LightweightGoogle

Gemini 3.1 Flash Lite

Gemini 3.1 Flash Lite is Google's lightweight multimodal model offering fast inference across text, image, audio, and video with a 1M token context window.

Context 1.0M
Tier Lightweight
Modalities text, image, audio, video
Input from
$0.250 / 1M tokens
across 2 providers

API Pricing

ProviderInput / 1MOutput / 1MSpeedTTFTUpdated
$0.250$1.50199 t/s7.8s4/10/2026
$0.250$1.50199 t/s7.8s4/10/2026

Prices updated daily. Last check: 4/14/2026

Model Details

General

Creator
Google
Family
Gemini
Tier
Lightweight
Context Window
1.0M
Modalities
Text, Image, Audio, Video

Capabilities

Tool Calling
No
Open Source
No
Aliases
gemini-3-1-flash-lite-preview

Strengths & Limitations

  • Supports four modalities: text, image, audio, and video input
  • Large 1 million token context window for processing lengthy documents
  • Fast output generation at 199 tokens per second
  • Lightweight design optimized for speed and efficiency
  • Part of Google's current-generation Gemini 3.1 model family
  • Multimodal capabilities in a cost-optimized package
  • No tool calling or function execution capabilities
  • Positioned as lightweight tier with reduced reasoning compared to Gemini 3.1 Pro
  • Proprietary model with no open-source availability
  • Time to first token of 7.8 seconds is slower than some competitors

Key Features

1 million token context window
Text input and generation
Image input processing
Audio input processing
Video input processing
Streaming response support
Batch processing capabilities
REST API access

About Gemini 3.1 Flash Lite

Gemini 3.1 Flash Lite is Google's lightweight tier model within the Gemini family, positioned as a fast and efficient option for multimodal applications. As part of the Gemini 3.1 generation, it sits below the flagship Gemini 3.1 Pro in Google's model hierarchy, optimized for speed and cost-effectiveness rather than maximum capability. The model supports multimodal input across text, image, audio, and video modalities with a substantial 1 million token context window. Performance benchmarks show output speeds of approximately 199 tokens per second with a time to first token of around 7.8 seconds. However, the model does not include tool calling capabilities, distinguishing it from more feature-complete models in Google's lineup. Gemini 3.1 Flash Lite targets use cases where multimodal processing speed and context length matter more than maximum reasoning capability. Its combination of broad modality support and fast inference makes it suitable for applications requiring quick processing of mixed media content, though users needing advanced reasoning or tool integration would typically choose higher-tier models.

Common Use Cases

Gemini 3.1 Flash Lite is designed for applications requiring fast multimodal processing without the complexity of tool calling or maximum reasoning capability.
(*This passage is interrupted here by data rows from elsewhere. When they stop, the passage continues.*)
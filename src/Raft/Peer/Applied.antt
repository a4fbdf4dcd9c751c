-- ===== src/Raft/Peer/Applied.antt =====
-- What a peer sends to the service: the entries from index 0 on, one after the other.
use unique_freshman.Prelude.{
  ℕ, suc, ◌+◌, ◌≡◌, refl, sym, ap, ◌∙◌, pos, true, List, [], ◌∷◌, ◌++◌, length, take, drop, some,
  arith, length-append, length-take, length-drop, subst, bind-some, Bool-cases, inl, inr,
}
use unique_freshman.Raft.Types.{ApplyMsg, LogEntry, Raft, AppendEntriesArgs, AppendEntriesReply}
use unique_freshman.Raft.Gob.{Gob}
use unique_freshman.Raft.State.{make, convert_to_follower}
use unique_freshman.Raft.Append.{append_entries, accept_entries, answer_append, merge_entries}
use unique_freshman.Raft.Append.Accept.{entered, entered-fields, append_entries-inv}
use unique_freshman.Raft.Leader.{SortInts}
use unique_freshman.Raft.Leader.Frame.{
  Replied, unchanged, outdated, backed_up, advanced, append_reply-Replied,
}
use unique_freshman.Raft.Peer.{
  Step, Reach, asked, told, vote_came, answer_came, submitted, round_began, woke, was_killed,
  crowded, restarted, made, next,
}
use unique_freshman.Raft.Peer.Terms.{
  IsQuiet, request_vote-IsQuiet, vote_reply-IsQuiet, start-IsQuiet, begin_round-IsQuiet,
  wake-IsQuiet, kill-IsQuiet, crowd-IsQuiet,
}
use unique_freshman.Raft.Apply.{start_apply_logs}
use unique_freshman.Raft.Apply.Order.{
  last_of, messages, delivered, backlog, start_apply_logs-delivered,
}

module _ {Command : Type 0} where
  -- Valid messages with the indices from `k` on.
  abbrev pub IsOrdered : ℕ → List (ApplyMsg Command) → Type 0
  IsOrdered k [] = Unit
  IsOrdered k (m ∷ ms) = (m.command_valid ≡ true) × (m.command_index ≡ pos k) × IsOrdered (suc k) ms

  messages-IsOrdered : (k : ℕ) (es : List (LogEntry Command)) → IsOrdered k (messages k es)
  messages-IsOrdered k [] = tt
  messages-IsOrdered k (e ∷ es) = (refl, refl, messages-IsOrdered (suc k) es)

  length-messages : (k : ℕ) (es : List (LogEntry Command)) → length (messages k es) ≡ length es
  length-messages k [] = refl
  length-messages k (e ∷ es) = ap suc (length-messages (suc k) es)

  append-IsOrdered :
      (k n : ℕ) (xs ys : List (ApplyMsg Command))
      → n ≡ k + length xs
      → IsOrdered k xs
      → IsOrdered n ys
      → IsOrdered k (xs ++ ys)
  append-IsOrdered k n [] ys e _ h = let same : n ≡ k = omega arith in rw same at h
  append-IsOrdered k n (x ∷ xs) ys e (valid, index, hx) h =
      (valid, index, append-IsOrdered (suc k) n xs ys (omega arith) hx h)

module _ {Bytes Command : Type 0} where
  -- The messages sent are in order, and `lastApplied` is the index of the last one.
  pub record IsApplied (rf : Raft Bytes Command) : Type 0 where
    pub ordered : IsOrdered 0 rf.apply_ch
    pub last : rf.last_applied ≡ last_of (length rf.apply_ch)

  -- A step that sends nothing.
  pub sent-IsApplied :
      {rf rf' : Raft Bytes Command}
      → rf'.apply_ch ≡ rf.apply_ch
      → rf'.last_applied ≡ rf.last_applied
      → IsApplied rf
      → IsApplied rf'
  sent-IsApplied sent applied a = record {
    ordered = subst (IsOrdered 0) (sym sent) a.ordered;
    last = applied ∙ a.last ∙ ap (λ ms. last_of (length ms)) (sym sent);
  }

  pub start_apply_logs-IsApplied :
      (rf rf' : Raft Bytes Command) → IsApplied rf → start_apply_logs rf ≡ some rf' → IsApplied rf'
  start_apply_logs-IsApplied rf rf' a h = subst IsApplied same (record {
    ordered =
        append-IsOrdered 0 k rf.apply_ch (messages k new) (omega arith) a.ordered
          (messages-IsOrdered k new);
    last = ap last_of (
        omega (
          arith,
          length-append rf.apply_ch (messages k new),
          length-messages k new,
          length-take (backlog k rf) (drop k rf.log),
          length-drop k rf.log,
        ));
  })
    where
      k : ℕ
      k = length rf.apply_ch

      new : List (LogEntry Command)
      new = take (backlog k rf) (drop k rf.log)

      same : delivered k (backlog k rf) rf ≡ rf'
      same = let e = (start_apply_logs-delivered k rf a.last).0 in ground (arith, e)

module _ {Bytes Command : Type 0} ⦃gob : Gob Bytes Command⦄ where
  quiet-IsApplied : {rf rf' : Raft Bytes Command} → IsQuiet rf rf' → IsApplied rf → IsApplied rf'
  quiet-IsApplied q a = sent-IsApplied q.sent q.applied a

  accept_entries-IsApplied :
      (args : AppendEntriesArgs Command) (rf rf' : Raft Bytes Command)
      → IsApplied rf
      → accept_entries args rf ≡ some rf'
      → IsApplied rf'
  unfolding accept_entries
  accept_entries-IsApplied args rf rf' a h =
      let (log, _, rest) = bind-some (merge_entries args.prev_log_index args.entries rf.log) _ h in
      start_apply_logs-IsApplied _ rf' (record { ordered = a.ordered; last = a.last }) rest

  append_entries-IsApplied :
      (args : AppendEntriesArgs Command) (rf : Raft Bytes Command) {rf' : Raft Bytes Command}
      {reply : AppendEntriesReply}
      → IsApplied rf
      → append_entries args rf ≡ some (rf', reply)
      → IsApplied rf'
  unfolding answer_append
  append_entries-IsApplied args rf {rf'} {reply} a h =
      let (_, rf'', done, last) = append_entries-inv args rf rf' reply h in
      let fields = entered-fields args rf in
      let entered_ok : IsApplied (entered args rf) = record {
        ordered = subst (IsOrdered 0) (sym fields.3) a.ordered;
        last = fields.2 ∙ a.last ∙ ap (λ ms. last_of (length ms)) (sym fields.3);
      } in
      let done_ok : IsApplied rf'' = elim (Bool-cases reply.success) [
        | inl good ↦ accept_entries-IsApplied args (entered args rf) rf'' entered_ok (ground arith)
        | inr bad ↦
            let same : entered args rf ≡ rf'' = ground arith in subst IsApplied same entered_ok
      ] in
      subst IsApplied (sym last) (record { ordered = done_ok.ordered; last = done_ok.last })

  Replied-IsApplied : {rf rf' : Raft Bytes Command} → Replied rf rf' → IsApplied rf → IsApplied rf'
  unfolding convert_to_follower
  Replied-IsApplied (unchanged e) a = subst IsApplied (sym e) a
  Replied-IsApplied (outdated t late e) a =
      subst IsApplied (sym e) (record { ordered = a.ordered; last = a.last })
  Replied-IsApplied (backed_up ns size e) a =
      subst IsApplied (sym e) (record { ordered = a.ordered; last = a.last })
  Replied-IsApplied (advanced ms ns c size size' up h) a =
      start_apply_logs-IsApplied _ _ (record { ordered = a.ordered; last = a.last }) h

module _ {Bytes Command : Type 0} ⦃gob : Gob Bytes Command⦄ (sort : SortInts) where
  pub Step-IsApplied :
      {rf rf' : Raft Bytes Command} → Step sort rf rf' → IsApplied rf → IsApplied rf'
  Step-IsApplied (asked args reply h) a = quiet-IsApplied (request_vote-IsQuiet args _ h) a
  Step-IsApplied (told args reply h) a = append_entries-IsApplied args _ a h
  Step-IsApplied {rf} (vote_came args reply n e) a =
      subst IsApplied e (quiet-IsApplied (vote_reply-IsQuiet args reply n rf) a)
  Step-IsApplied {rf} {rf'} (answer_came j args reply then_do h) a =
      Replied-IsApplied (append_reply-Replied sort j args reply rf rf' then_do h) a
  Step-IsApplied {rf} (submitted command e) a =
      subst IsApplied e (quiet-IsApplied (start-IsQuiet command rf) a)
  Step-IsApplied {rf} (round_began draw e) a =
      subst IsApplied e (quiet-IsApplied (begin_round-IsQuiet draw rf) a)
  Step-IsApplied {rf} {rf'} (woke event wait h) a =
      quiet-IsApplied (wake-IsQuiet event wait rf rf' h) a
  Step-IsApplied {rf} (was_killed e) a = subst IsApplied e (quiet-IsApplied (kill-IsQuiet rf) a)
  Step-IsApplied {rf} (crowded ch e) a = subst IsApplied e (quiet-IsApplied (crowd-IsQuiet ch rf) a)
  Step-IsApplied (restarted draw e) a =
      subst IsApplied e (unfold make in (record { ordered = tt; last = refl }))

  -- Whatever reaches a peer, the messages that it has sent to the service since it started are valid
  -- and carry the indices 0, 1, 2 and so on, and `lastApplied` is the index of the last one.
  pub Reach-IsApplied :
      (peers me : ℕ) {rf : Raft Bytes Command} → Reach sort peers me rf → IsApplied rf
  Reach-IsApplied peers me (made draw rf e) =
      subst IsApplied e (unfold make in (record { ordered = tt; last = refl }))
  Reach-IsApplied peers me (next r st) = Step-IsApplied st (Reach-IsApplied peers me r)
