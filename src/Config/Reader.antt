-- ===== src/Config/Reader.antt =====
-- The tester's reader of `applyCh`, on what a peer sends.
use unique_freshman.Prelude.{
  ℕ, suc, ◌≤◌, ◌<◌, ◌≡◌, ◌≢◌, refl, ap, ◌∙◌, ◌⊎◌, inl, inr, ℤ, pos, ◌-ℤ◌, eqb_ℤ, ltb_ℤ, Bool, true,
  false, not, ◌&&◌, List, [], ◌∷◌, none, some, if◌then◌else◌, length, get_elem?, get_elem?-lt,
  get_elem?-set_self, set, arith, int_laws, eq_of_parts,
}
use unique_freshman.Raft.Types.{ApplyMsg, Raft}
use unique_freshman.Raft.Gob.{Gob}
use unique_freshman.Raft.Leader.{SortInts}
use unique_freshman.Raft.Peer.{Reach}
use unique_freshman.Raft.Peer.Applied.{IsOrdered, Reach-IsApplied}
use unique_freshman.Config.{
  Config, Verdict, fine, differs, out_of_order, lookup, has_other, read_message,
}

module _ {Command : Type 0} (same : Command → Command → Bool) where
  -- The reader of server `i` takes the messages, and none of them is out of order.
  abbrev pub IsInOrder : ℕ → List (ApplyMsg Command) → Config Command → Type 0
  IsInOrder i [] cfg = Unit
  IsInOrder i (m ∷ ms) cfg =
      (cfg' : Config Command) × (v : Verdict) × (read_message same i m cfg ≡ some (cfg', v))
      × (v ≢ out_of_order)
      × IsInOrder i ms cfg'

  -- The reader is ready for index `k`.
  abbrev IsReady : ℕ → List (ℤ × Command) → Type 0
  IsReady k log = (k ≤ 1) ⊎ ((v : Command) × (lookup (pos k -ℤ pos 1) log ≡ some v))

  -- The tester, and its verdict, after a message to which `log` belongs.
  abbrev after : ℕ → ApplyMsg Command → List (ℤ × Command) → Config Command → Config Command
  after i m log cfg = record {
    logs = set cfg.logs i ((m.command_index, m.command) ∷ log);
    max_index = if ltb_ℤ cfg.max_index m.command_index then m.command_index else cfg.max_index;
  }

  abbrev verdict : ApplyMsg Command → List (ℤ × Command) → Config Command → Verdict
  verdict m log cfg =
      let prevok : Bool = elim (lookup (m.command_index -ℤ pos 1) log) [
        | none ↦ false
        | some v ↦ true
      ] in
      if ltb_ℤ (pos 1) m.command_index && not prevok
      then out_of_order
      else if has_other same m.command_index m.command cfg.logs
      then differs
      else fine

  verdict-IsReady :
      (k : ℕ) (m : ApplyMsg Command) (cfg : Config Command) (log : List (ℤ × Command))
      → m.command_index ≡ pos k
      → IsReady k log
      → verdict m log cfg ≢ out_of_order
  verdict-IsReady k m cfg log index (inl first) = ground (arith, index)
  verdict-IsReady k m cfg log index (inr (v, found)) =
      let there : lookup (m.command_index -ℤ pos 1) log ≡ some v = rw index found in
      ground (arith, there)

  read_message-IsReady :
      (i k : ℕ) (m : ApplyMsg Command) (cfg : Config Command) (log : List (ℤ × Command))
      → m.command_valid ≡ true
      → m.command_index ≡ pos k
      → get_elem? cfg.logs i ≡ some log
      → IsReady k log
      → (cfg' : Config Command) × (v : Verdict) × (read_message same i m cfg ≡ some (cfg', v))
        × (v ≢ out_of_order)
        × (get_elem? cfg'.logs i ≡ some ((pos k, m.command) ∷ log))
  unfolding read_message
  read_message-IsReady i k m cfg log valid index there ready = (
    after i m log cfg,
    verdict m log cfg,
    rw (valid, there) refl,
    verdict-IsReady k m cfg log index ready,
    get_elem?-set_self cfg.logs i log _ there ∙ ap (λ n. some ((n, m.command) ∷ log)) index,
  )

  written-IsReady :
      (k : ℕ) (v : Command) (log : List (ℤ × Command)) → IsReady (suc k) ((pos k, v) ∷ log)
  unfolding lookup
  written-IsReady k v log =
      let before : pos (suc k) -ℤ pos 1 ≡ pos k = eq_of_parts _ _ (omega int_laws) in
      let here : eqb_ℤ (pos k) (pos k) ≡ true = ground arith in inr (v, rw (before, here) refl)

  ordered-IsInOrder :
      (i k : ℕ) (ms : List (ApplyMsg Command)) (cfg : Config Command) (log : List (ℤ × Command))
      → IsOrdered k ms
      → get_elem? cfg.logs i ≡ some log
      → IsReady k log
      → IsInOrder i ms cfg
  ordered-IsInOrder i k [] cfg log h there ready = tt
  ordered-IsInOrder i k (m ∷ ms) cfg log (valid, index, h) there ready =
      let (cfg', v, e, good, there') = read_message-IsReady i k m cfg log valid index there ready in
      (
        cfg',
        v,
        e,
        good,
        ordered-IsInOrder i (suc k) ms cfg' ((pos k, m.command) ∷ log) h there'
            (written-IsReady k m.command log),
      )

module _ {Bytes Command : Type 0} ⦃gob : Gob Bytes Command⦄ (sort : SortInts)
    (same : Command → Command → Bool) where
  -- Whatever reaches a peer, the tester's reader of a server takes the messages that the peer has
  -- sent since it started, from any state of the tester that has a log for the server, and does not
  -- find one of them out of order.
  pub Reach-IsInOrder :
      (peers me i : ℕ) {rf : Raft Bytes Command} (cfg : Config Command)
      → Reach sort peers me rf
      → i < length cfg.logs
      → IsInOrder same i rf.apply_ch cfg
  Reach-IsInOrder peers me i {rf} cfg r fits =
      let (log, there) = get_elem?-lt cfg.logs i fits in
      ordered-IsInOrder same i 0 rf.apply_ch cfg log (Reach-IsApplied sort peers me r).ordered there
        (inl (omega arith))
Its combination of speed, large context window, and broad modality support makes it suitable for content analysis workflows, document processing with mixed media, rapid prototyping of multimodal applications, and high-throughput scenarios where cost efficiency matters. The model works well for summarizing long documents with embedded images, processing video content for basic analysis, and applications needing quick responses across multiple input types. Organizations looking for multimodal capabilities at scale, rather than complex reasoning or agentic workflows, will find this model appropriate for their needs.

Frequently Asked Questions

How much does Gemini 3.1 Flash Lite cost per million tokens?

Gemini 3.1 Flash Lite pricing varies by provider and usage type. Check the pricing table above for current rates across all available providers and compare input vs output token costs.

What is Gemini 3.1 Flash Lite best used for?

Gemini 3.1 Flash Lite excels at fast multimodal processing tasks including document analysis with images, basic video content processing, and high-volume applications where speed and cost efficiency are priorities over maximum reasoning capability.

Does Gemini 3.1 Flash Lite support tool calling and function execution?

No, Gemini 3.1 Flash Lite does not include tool calling capabilities. For applications requiring function execution or API integrations, consider Gemini 3.1 Pro or other models that specifically support structured tool calling.